## Work task
Below are the records; copy each line in which "continues" occurs.

## Exercise data
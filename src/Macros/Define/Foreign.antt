-- ===== src/Macros/Define/Foreign.antt =====
-- `parse_define` on bytes that start nothing in a parameter list.
use co.Prelude.{
  ℕ, zero, suc, ◌≡◌, refl, ap, ◌∙◌, Bool, true, false, not, ◌||◌, List, [], ◌∷◌, ◌++◌, Bytes, ◌==◌,
  arith,
}
use co.Prelude.Outcome.{ok, out_of_fuel, ◌>>=◌}
use co.Directives.Idents.Laws.{IsWord}
use co.Macros.Define.{is_ellipsis, continue, param_step, parse_params, define_with, parse_define}
use co.Utils.Classes.{is_blank, is_ident_start_byte}
use co.Utils.Text.{trim}
use co.Macros.Define.Laws.{continues, parse_params_round, skip_blanks-start, parse_define-function}

-- A byte that starts nothing in a parameter list: no blank, no `)`, no `...`, no identifier and no
-- comma.
unfoldable pub is_foreign : ℕ → Bytes → Bool
unfolding is_blank is_ellipsis is_ident_start_byte
is_foreign c r =
    not (is_blank c || c == b')' || is_ellipsis (c ∷ r) || is_ident_start_byte c || c == b',')

or_false :
    (a b c d e : Bool)
    → not (a || b || c || d || e) ≡ true
    → (a ≡ false) × (b ≡ false) × (c ≡ false) × (d ≡ false) × (e ≡ false)
or_false a b c d e h = (ground arith, ground arith, ground arith, ground arith, ground arith)

foreign_cases :
    (c : ℕ) (r : Bytes)
    → is_foreign c r ≡ true
    → (is_blank c ≡ false)
      × ((c == b')') ≡ false)
      × (is_ellipsis (c ∷ r) ≡ false)
      × (is_ident_start_byte c ≡ false)
      × ((c == b',') ≡ false)
unfolding is_foreign
foreign_cases c r h =
    or_false (is_blank c) (c == b')') (is_ellipsis (c ∷ r)) (is_ident_start_byte c) (c == b',') h

param_step-foreign :
    (acc : List Bytes) (c : ℕ) (r : Bytes)
    → is_foreign c r ≡ true
    → param_step acc c r ≡ ok (continue acc (c ∷ r))
unfolding param_step
param_step-foreign acc c r h =
    let no = foreign_cases c r h in
    rw (no.1, no.2, no.3, skip_blanks-start c r no.0) (rw (no.4) refl)

-- At a foreign byte the loop turns without moving, whatever the fuel.
parse_params-foreign :
    (f : ℕ) (acc : List Bytes) (c : ℕ) (r : Bytes)
    → is_foreign c r ≡ true
    → parse_params f acc (c ∷ r) ≡ out_of_fuel
unfolding parse_params
parse_params-foreign zero acc c r h = refl
parse_params-foreign (suc f) acc c r h =
    parse_params_round f acc (c ∷ r) c r (skip_blanks-start c r (foreign_cases c r h).0)
    ∙ ap (continues f) (param_step-foreign acc c r h)
    ∙ parse_params-foreign f acc c r h

module _ (is_xid_start is_xid_continue : ℕ → Bool) where
  -- A byte that starts nothing in a parameter list keeps `parse_define` from ever ending: no amount
  -- of fuel gives a result for a line with one right behind the parenthesis.
  pub parse_define-hangs :
      (f : ℕ) (line name : Bytes) (c : ℕ) (r : Bytes)
      → IsWord name
      → is_foreign c r ≡ true
      → trim line ≡ name ++ b'(' ∷ c ∷ r
      → parse_define is_xid_start is_xid_continue f line ≡ out_of_fuel
  unfolding define_with
  parse_define-hangs f line name c r w h e =
      parse_define-function is_xid_start is_xid_continue f line name (c ∷ r) w e
      ∙ ap (λ o. o >>= λ p. define_with is_xid_start is_xid_continue name true p)
          (parse_params-foreign f [] c r h)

## Output below
use co.Macros.Define.Laws.{continues, parse_params_round, skip_blanks-start, parse_define-function}
    ∙ ap (continues f) (param_step-foreign acc c r h)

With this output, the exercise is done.